Role of Antagonistic Microbe Pseudomonas fluorescens on Colletotrichum capsici Infecting Curcuma longa

Ramkumar1, Soureche R2, Prabhakar S3 and Muthuraman Pandurangan4*
1CLRI, Chennai, India
2Achariya College of Education, Puducherry, India
3University of Madras, Chennai, India
4Department of Animal Science, Chonbuk National University, Jeonju, South Korea
*Corresponding Author: Muthuraman Pandurangan, Department of Animal Science, Chonbuk National University, Jeonju, South Korea Email:

Abstract

The present study was attempted to find out the efficacy of commercially formulated Pseudomonas fluorescens in the form of foliar spray on Colletotrichum capsici infecting leaf spot disease in turmeric. The rhizomes dipped in biocontrol/chemical fungicide (bavistin) solution for overnight was planted in their respective triplicate plots for field study. 90-days old plants were sprayed with C. capsici spore spray (7-12×104 spores/ml) and subsequently on the next day by Pseudomonas fluorescens/bavistin spray in their respective plots. The second dosage of biocontrol/bavistin spray was given 15 days after the 1st biocontrol/bavistin spray. The leaf samples were collected from healthy; infected; biocontrol and bavistin sprayed plots on the 10th day after I and II spray schedule were subjected to various
biochemical analyses. The result revealed that P. fluorescens (2%) in the form of rhizome treatment as well as foliar spray (two times) was found to be best antagonistic microbe in controlling C. capsici infecting Curcuma longa. The superiority of Pseudomonas spray over bavistin was mainly due to rapid cumulative antagonistic and antibiotic action against the pathogen.
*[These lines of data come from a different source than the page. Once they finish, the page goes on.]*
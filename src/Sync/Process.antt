-- ===== src/Sync/Process.antt =====
-- src/sync/sync_annotations.cpp: `process_sync_annotations`. The file system and the shell are the
-- system's: `read` and `write` are an opened stream read to its end and a truncated one written,
-- `run` is the output of `cmd_exec` under its timeout and size limit. The trace is no state of the
-- program: it records each access to the system, with the system's state before it.
use llama_cli.Base.Words.{getlines}
use llama_cli.Annotation.Actions.{
  WriteAction, StrReplaceAction, ReadAction, AddLineAction, DeleteLineAction,
}
use llama_cli.Annotation.Parse.{
  parse_write_annotations, parse_str_replace_annotations, parse_read_annotations,
  parse_add_line_annotations, parse_delete_line_annotations,
}
use llama_cli.Sync.Caps.{has_cap}
use llama_cli.Sync.ReadOnly.{is_read_only}
use llama_cli.Sync.Paths.{path_allowed}
use llama_cli.Sync.Tags.{parse_exec_tags}
use llama_cli.Sync.Lines.{replace_first, insert_line, erase_line, unlines}
use llama_cli.Base.{
  ℕ, Bool, not, ◌&&◌, ◌||◌, Option, none, some, List, [], ◌∷◌, ◌++◌, if◌then◌else◌, ◌>>=◌, Text,
  codes,
}

pub record System : Type 1 where
  pub State : Type 0
  pub realpath : State → Text → Option Text
  pub read : State → Text → Option Text
  pub write : State → Text → Text → Option State
  pub run : State → Text → ℕ → ℕ → State × Text

pub record SyncConfig : Type 0 where
  pub capabilities : Text
  pub sandbox : Text
  pub exec_timeout : ℕ
  pub max_output : ℕ

-- "[error: write blocked — outside sandbox: "; the dash is three bytes
abbrev write_blocked : Text
write_blocked = codes "[error: write blocked " ++ (226 ∷ 128 ∷ 148 ∷ codes " outside sandbox: ")

abbrev pub closed : Text → Text → Text
closed label subject = label ++ (subject ++ codes "]\n")

module _ (system : System) where
  open system use {State, realpath, read, write, run}

  pub data Access : Type 0 where
    read_file : State → Text → Access
    write_file : State → Text → Text → Access
    run_command : State → Text → Access

  pub record Sync : Type 0 where
    pub state : State
    pub followup : Text
    pub err : Text
    pub trace : List Access

  abbrev reply : Sync → Text → Sync
  reply s text = record s { followup = s.followup ++ text }

  abbrev report : Sync → Text → Sync
  report s text = record s { err = s.err ++ text }

  abbrev allowed : SyncConfig → Sync → Text → Bool
  allowed cfg s path = path_allowed (realpath s.state) path cfg.sandbox

  abbrev noted : Sync → Access → Sync
  noted s a = record s { trace = a ∷ s.trace }

  unfoldable pub for_each {ℓ} : {A : Type ℓ} → (Sync → A → Sync) → List A → Sync → Sync
  for_each step [] s = s
  for_each step (a ∷ actions) s = for_each step actions (step s a)

  unfoldable pub sync_read : SyncConfig → Sync → ReadAction → Sync
  sync_read cfg s action =
      if not (allowed cfg s action.path)
      then report s (closed (codes "[blocked: read outside sandbox: ") action.path)
      else let opened = noted s (read_file s.state action.path) in
        elim (read s.state action.path) [
          | none ↦ report opened (closed (codes "[read: file not found: ") action.path)
          | some content ↦
              report
                (reply opened (closed (codes "[file: ") action.path ++ (content ++ codes "\n")))
                (closed (codes "[read ") action.path)
        ]

  unfoldable pub exec_allowed : Text → Text → Bool
  exec_allowed caps cmd =
      has_cap caps (codes "exec") || (has_cap caps (codes "read") && is_read_only cmd)

  unfoldable pub sync_exec : SyncConfig → Sync → Text → Sync
  sync_exec cfg s cmd =
      if not (exec_allowed cfg.capabilities cmd)
      then report s (closed (codes "[blocked: ") cmd)
      else let r = run s.state cmd cfg.exec_timeout cfg.max_output in
        report
          (reply (record (noted s (run_command s.state cmd)) { state = r.0 })
            (closed (codes "[command: ") cmd ++ (r.1 ++ codes "\n")))
          (closed (codes "[exec ") cmd)

  -- the blocked branch that the four kinds of edits share
  abbrev edit_blocked : Sync → Text → Sync
  edit_blocked s path =
      report (reply s (closed write_blocked path))
        (closed (codes "[blocked: write outside sandbox: ") path)

  -- a file written back, with the line on `std::cerr` if it could be opened
  unfoldable pub store : Sync → Text → Text → Text → Text → Sync
  store s path content done failed =
      let opened = noted s (write_file s.state path content) in
      elim (write s.state path content) [
        | none ↦ reply opened failed
        | some state ↦ report (record opened { state = state }) done
      ]

  unfoldable pub sync_write : SyncConfig → Sync → WriteAction → Sync
  sync_write cfg s action =
      if not (allowed cfg s action.path)
      then edit_blocked s action.path
      else store s action.path action.content (closed (codes "[wrote ") action.path)
          (closed (codes "[error: could not write ") action.path)

  abbrev not_found : Sync → Text → Sync
  not_found s path = reply s (closed (codes "[error: file not found: ") path)

  unfoldable pub sync_str_replace : SyncConfig → Sync → StrReplaceAction → Sync
  sync_str_replace cfg s action =
      if not (allowed cfg s action.path)
      then edit_blocked s action.path
      else let opened = noted s (read_file s.state action.path) in
        elim (read s.state action.path) [
          | none ↦ not_found opened action.path
          | some content ↦ elim (replace_first content action.old_str action.new_str) [
            | none ↦ reply opened (closed (codes "[error: old text not found in ") action.path)
            | some changed ↦
                store opened action.path changed (closed (codes "[str_replace ") action.path) []
          ]
        ]

  -- the number as `operator<<` prints it is left to the caller
  unfoldable pub sync_add_line : (AddLineAction → Text) → SyncConfig → Sync → AddLineAction → Sync
  sync_add_line added cfg s action =
      if not (allowed cfg s action.path)
      then edit_blocked s action.path
      else let opened = noted s (read_file s.state action.path) in
        elim (read s.state action.path) [
          | none ↦ not_found opened action.path
          | some content ↦
              store opened action.path
                (unlines (insert_line (getlines b'\n' content) action.line_number action.content))
                (added action) []
        ]

  unfoldable pub sync_delete_line : SyncConfig → Sync → DeleteLineAction → Sync
  sync_delete_line cfg s action =
      if not (allowed cfg s action.path)
      then edit_blocked s action.path
      else let opened = noted s (read_file s.state action.path) in
        elim (read s.state action.path) [
          | none ↦ not_found opened action.path
          | some content ↦ elim (erase_line (getlines b'\n' content) action.content) [
            | none ↦ reply opened (
                codes "[error: line not found in "
                ++ (action.path ++ (codes ": " ++ (action.content ++ codes "]\n"))))
            | some lines ↦
                store opened action.path (unlines lines)
                  (closed (codes "[delete_line ") action.path) []
          ]
        ]

  -- the edits, under the "write" capability; each list is parsed from the whole answer
  unfoldable pub sync_edits : (AddLineAction → Text) → Text → SyncConfig → Sync → Option Sync
  sync_edits added response cfg s = do
    writes ← parse_write_annotations response
    replaces ← parse_str_replace_annotations response
    adds ← parse_add_line_annotations response
    deletes ← parse_delete_line_annotations response
    let s₁ = for_each (sync_write cfg) writes s
    let s₂ = for_each (sync_str_replace cfg) replaces s₁
    let s₃ = for_each (sync_add_line added cfg) adds s₂
    some (for_each (sync_delete_line cfg) deletes s₃)

  unfoldable pub sync_reads : Text → SyncConfig → Sync → Option Sync
  sync_reads response cfg s =
      parse_read_annotations response >>= λ reads. some (for_each (sync_read cfg) reads s)

  unfoldable pub sync_execs : Text → SyncConfig → Sync → Option Sync
  sync_execs response cfg s =
      parse_exec_tags response >>= λ execs. some (for_each (sync_exec cfg) execs s)

  abbrev pub start_sync : State → Sync
  start_sync state = record { state = state; followup = []; err = []; trace = [] }

  unfoldable pub process_sync_annotations :
      (AddLineAction → Text) → Text → SyncConfig → State → Option Sync
  process_sync_annotations added response cfg state = do
    let caps = cfg.capabilities
    s₁ ←
        if has_cap caps (codes "read")
        then sync_reads response cfg (start_sync state)
        else some (start_sync state)
    s₂ ← sync_execs response cfg s₁
    if has_cap caps (codes "write") then sync_edits added response cfg s₂ else some s₂
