-- ===== src/Sync/Safety.antt =====
-- What sync mode may touch: every access to the system is covered by a capability, and every file
-- that it opens lies in the sandbox.
use llama_cli.Annotation.Actions.{
  WriteAction, StrReplaceAction, ReadAction, AddLineAction, DeleteLineAction,
}
use llama_cli.Annotation.Total.{parsers_total}
use llama_cli.Sync.Caps.{has_cap}
use llama_cli.Sync.ReadOnly.{is_read_only}
use llama_cli.Sync.Paths.{path_allowed}
use llama_cli.Sync.Tags.{parse_exec_tags_total}
use llama_cli.Sync.Lines.{replace_first, erase_line, unlines}
use llama_cli.Base.Words.{getlines}
use llama_cli.Sync.Process.{
  System, SyncConfig, Access, read_file, write_file, run_command, Sync, for_each, sync_read,
  sync_exec, exec_allowed, sync_write, sync_str_replace, sync_add_line, sync_delete_line, store,
  sync_edits, sync_reads, sync_execs, start_sync, process_sync_annotations,
}
use llama_cli.Base.{
  ◌≡◌, refl, ◌⊎◌, inl, inr, true, Option, some, List, [], ◌∷◌, arith, if◌then◌else◌, Bool-cases,
  Option-cases, All, Text, codes,
}

module _ (system : System) (cfg : SyncConfig) where
  open system use {State, realpath, read, write, run}

  abbrev pub Granted : Text → Type 0
  Granted cap = has_cap cfg.capabilities cap ≡ true

  abbrev pub Inside : State → Text → Type 0
  Inside state path = path_allowed (realpath state) path cfg.sandbox ≡ true

  -- A file is read under "read" or, by an edit, under "write"; it is written under "write"; a command
  -- runs under "exec", or under "read" if it passes for read-only.
  abbrev pub IsCovered : Access system → Type 0
  IsCovered (read_file state path) =
      Inside state path × (Granted (codes "read") ⊎ Granted (codes "write"))
  IsCovered (write_file state path content) = Inside state path × Granted (codes "write")
  IsCovered (run_command state cmd) =
      Granted (codes "exec") ⊎ (Granted (codes "read") × (is_read_only cmd ≡ true))

  abbrev AllCovered : Sync system → Type 0
  AllCovered s = All IsCovered s.trace

  for_each-AllCovered {ℓ} :
      {A : Type ℓ} (step : Sync system → A → Sync system)
      → ((s : Sync system) (a : A) → AllCovered s → AllCovered (step s a))
      → (actions : List A) (s : Sync system) → AllCovered s
      → AllCovered (for_each system step actions s)
  unfolding for_each
  for_each-AllCovered step keep [] s h = h
  for_each-AllCovered step keep (a ∷ actions) s h =
      for_each-AllCovered step keep actions (step s a) (keep s a h)

  sync_read-AllCovered :
      Granted (codes "read")
      → (s : Sync system) (action : ReadAction) → AllCovered s
      → AllCovered (sync_read system cfg s action)
  unfolding sync_read
  sync_read-AllCovered g s action h =
      elim (Bool-cases (path_allowed (realpath s.state) action.path cfg.sandbox)) [
        | inr e ↦ rw (e, sync_read) h
        | inl e ↦ elim (Option-cases (read s.state action.path)) [
          | inl e' ↦ rw (e, e', sync_read) ((e, inl g), h)
          | inr (content, e') ↦ rw (e, e', sync_read) ((e, inl g), h)
        ]
      ]

  sync_exec-AllCovered :
      (s : Sync system) (cmd : Text) → AllCovered s → AllCovered (sync_exec system cfg s cmd)
  unfolding sync_exec
  sync_exec-AllCovered s cmd h = elim (Bool-cases (exec_allowed system cfg.capabilities cmd)) [
    | inr e ↦ rw (e, sync_exec) h
    | inl e ↦ rw (e, sync_exec) (unfold exec_allowed in ground arith, h)
  ]

  module _ (g : Granted (codes "write")) where
    store-AllCovered :
        (s : Sync system) (path content done failed : Text)
        → Inside s.state path
        → AllCovered s
        → AllCovered (store system s path content done failed)
    unfolding store
    store-AllCovered s path content done failed i h =
        elim (Option-cases (write s.state path content)) [
          | inl e ↦ rw (e, store) ((i, g), h)
          | inr (state, e) ↦ rw (e, store) ((i, g), h)
        ]

    sync_write-AllCovered :
        (s : Sync system) (action : WriteAction)
        → AllCovered s
        → AllCovered (sync_write system cfg s action)
    unfolding sync_write
    sync_write-AllCovered s action h =
        elim (Bool-cases (path_allowed (realpath s.state) action.path cfg.sandbox)) [
          | inr e ↦ rw (e, sync_write) h
          | inl e ↦ rw (e, sync_write) (store-AllCovered s action.path action.content _ _ e h)
        ]

    sync_str_replace-AllCovered :
        (s : Sync system) (action : StrReplaceAction)
        → AllCovered s
        → AllCovered (sync_str_replace system cfg s action)
    unfolding sync_str_replace
    sync_str_replace-AllCovered s action h =
        elim (Bool-cases (path_allowed (realpath s.state) action.path cfg.sandbox)) [
          | inr e ↦ rw (e, sync_str_replace) h
          | inl e ↦ elim (Option-cases (read s.state action.path)) [
            | inl e' ↦ rw (e, e', sync_str_replace) ((e, inr g), h)
            | inr (content, e') ↦
                elim (Option-cases (replace_first content action.old_str action.new_str)) [
                  | inl e'' ↦ rw (e, e', e'', sync_str_replace) ((e, inr g), h)
                  | inr (changed, e'') ↦
                      rw (e, e', e'', sync_str_replace)
                        (store-AllCovered _ action.path changed _ _ e ((e, inr g), h))
                ]
          ]
        ]

    sync_add_line-AllCovered :
        (added : AddLineAction → Text) (s : Sync system) (action : AddLineAction)
        → AllCovered s
        → AllCovered (sync_add_line system added cfg s action)
    unfolding sync_add_line
    sync_add_line-AllCovered added s action h =
        elim (Bool-cases (path_allowed (realpath s.state) action.path cfg.sandbox)) [
          | inr e ↦ rw (e, sync_add_line) h
          | inl e ↦ elim (Option-cases (read s.state action.path)) [
            | inl e' ↦ rw (e, e', sync_add_line) ((e, inr g), h)
            | inr (content, e') ↦
                rw (e, e', sync_add_line) (store-AllCovered _ action.path _ _ _ e ((e, inr g), h))
          ]
        ]

    sync_delete_line-AllCovered :
        (s : Sync system) (action : DeleteLineAction)
        → AllCovered s
        → AllCovered (sync_delete_line system cfg s action)
    unfolding sync_delete_line
    sync_delete_line-AllCovered s action h =
        elim (Bool-cases (path_allowed (realpath s.state) action.path cfg.sandbox)) [
          | inr e ↦ rw (e, sync_delete_line) h
          | inl e ↦ elim (Option-cases (read s.state action.path)) [
            | inl e' ↦ rw (e, e', sync_delete_line) ((e, inr g), h)
            | inr (content, e') ↦
                elim (Option-cases (erase_line (getlines b'\n' content) action.content)) [
                  | inl e'' ↦ rw (e, e', e'', sync_delete_line) ((e, inr g), h)
                  | inr (lines, e'') ↦
                      rw (e, e', e'', sync_delete_line)
                        (store-AllCovered _ action.path (unlines lines) _ _ e ((e, inr g), h))
                ]
          ]
        ]

  -- The stages: each gives a state, and keeps the invariant.
  abbrev Stage : Option (Sync system) → Type 0
  Stage r = (s : Sync system) × (r ≡ some s) × AllCovered s

  sync_reads-Stage :
      (response : Text)
      → Granted (codes "read")
      → (s : Sync system) → AllCovered s
      → Stage (sync_reads system response cfg s)
  unfolding sync_reads
  sync_reads-Stage response g s h =
      let (reads, e) = (parsers_total response).2 in
      (
        for_each system (sync_read system cfg) reads s,
        rw e,
        for_each-AllCovered (sync_read system cfg) (sync_read-AllCovered g) reads s h,
      )

  sync_execs-Stage :
      (response : Text) (s : Sync system) → AllCovered s → Stage (sync_execs system response cfg s)
  unfolding sync_execs
  sync_execs-Stage response s h =
      let (cmds, e) = parse_exec_tags_total response in
      (
        for_each system (sync_exec system cfg) cmds s,
        rw e,
        for_each-AllCovered (sync_exec system cfg) sync_exec-AllCovered cmds s h,
      )

  sync_edits-Stage :
      (added : AddLineAction → Text) (response : Text)
      → Granted (codes "write")
      → (s : Sync system) → AllCovered s
      → Stage (sync_edits system added response cfg s)
  unfolding sync_edits
  sync_edits-Stage added response g s h =
      let (writes, e₁) = (parsers_total response).0 in
      let (replaces, e₂) = (parsers_total response).1 in
      let (adds, e₃) = (parsers_total response).4 in
      let (deletes, e₄) = (parsers_total response).5 in
      let s₁ = for_each system (sync_write system cfg) writes s in
      let s₂ = for_each system (sync_str_replace system cfg) replaces s₁ in
      let s₃ = for_each system (sync_add_line system added cfg) adds s₂ in
      let h₁ = for_each-AllCovered (sync_write system cfg) (sync_write-AllCovered g) writes s h in
      let h₂ =
        for_each-AllCovered (sync_str_replace system cfg) (sync_str_replace-AllCovered g) replaces
          s₁ h₁ in
      let h₃ =
        for_each-AllCovered (sync_add_line system added cfg) (sync_add_line-AllCovered g added) adds
          s₂ h₂ in
      (
        for_each system (sync_delete_line system cfg) deletes s₃,
        rw (e₁, e₂, e₃, e₄),
        for_each-AllCovered (sync_delete_line system cfg) (sync_delete_line-AllCovered g) deletes s₃
            h₃,
      )

  -- a stage under a capability
  Granted-Stage :
      (cap : Text) (m : Option (Sync system)) (s : Sync system)
      → (Granted cap → Stage m)
      → AllCovered s
      → Stage (if has_cap cfg.capabilities cap then m else some s)
  Granted-Stage cap m s run_stage h = elim (Bool-cases (has_cap cfg.capabilities cap)) [
    | inl e ↦ rw e (run_stage e)
    | inr e ↦ rw e (s, refl, h)
  ]

  -- Sync mode ends on every answer, and whatever the answer asks for, every access that it makes is
  -- covered: a file is opened only where `path_allowed` holds in the state of that moment, read under
  -- "read" or "write" and written under "write"; a command runs only under "exec", or under "read" if
  -- `is_read_only` accepts it.
  pub process-IsCovered :
      (added : AddLineAction → Text) (response : Text) (state : State)
      → (s : Sync system) × (process_sync_annotations system added response cfg state ≡ some s)
        × All IsCovered s.trace
  unfolding process_sync_annotations
  process-IsCovered added response state =
      let (s₁, e₁, h₁) =
        Granted-Stage (codes "read") (sync_reads system response cfg (start_sync system state))
          (start_sync system state) (λ g. sync_reads-Stage response g (start_sync system state) tt)
          tt in
      let (s₂, e₂, h₂) = sync_execs-Stage response s₁ h₁ in
      let (s₃, e₃, h₃) =
        Granted-Stage (codes "write") (sync_edits system added response cfg s₂) s₂
          (λ g. sync_edits-Stage added response g s₂ h₂) h₂ in
      (s₃, rw (e₁, e₂, e₃), h₃)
Keywords: Turmeric; Colletotrichum capsici; Pseudomonas fluorescens; Bavistin

Introduction

Turmeric is one of the major species cultivated for its underground rhizome, which is also called as hidden lily or turmeric of commerce [1]. It has versatile uses in flavoring, dye making, drug preparation, cosmetics and medicine [2,3]. So far, around 100 active constituents have been recorded from turmeric [4,5]. This herbal plant is highly prone to several fungal diseases, one of them is turmeric leaf spot disease caused by C. capsici [6-8]. Several works have been conducted to control C. capsici by using chemical fungicides [9].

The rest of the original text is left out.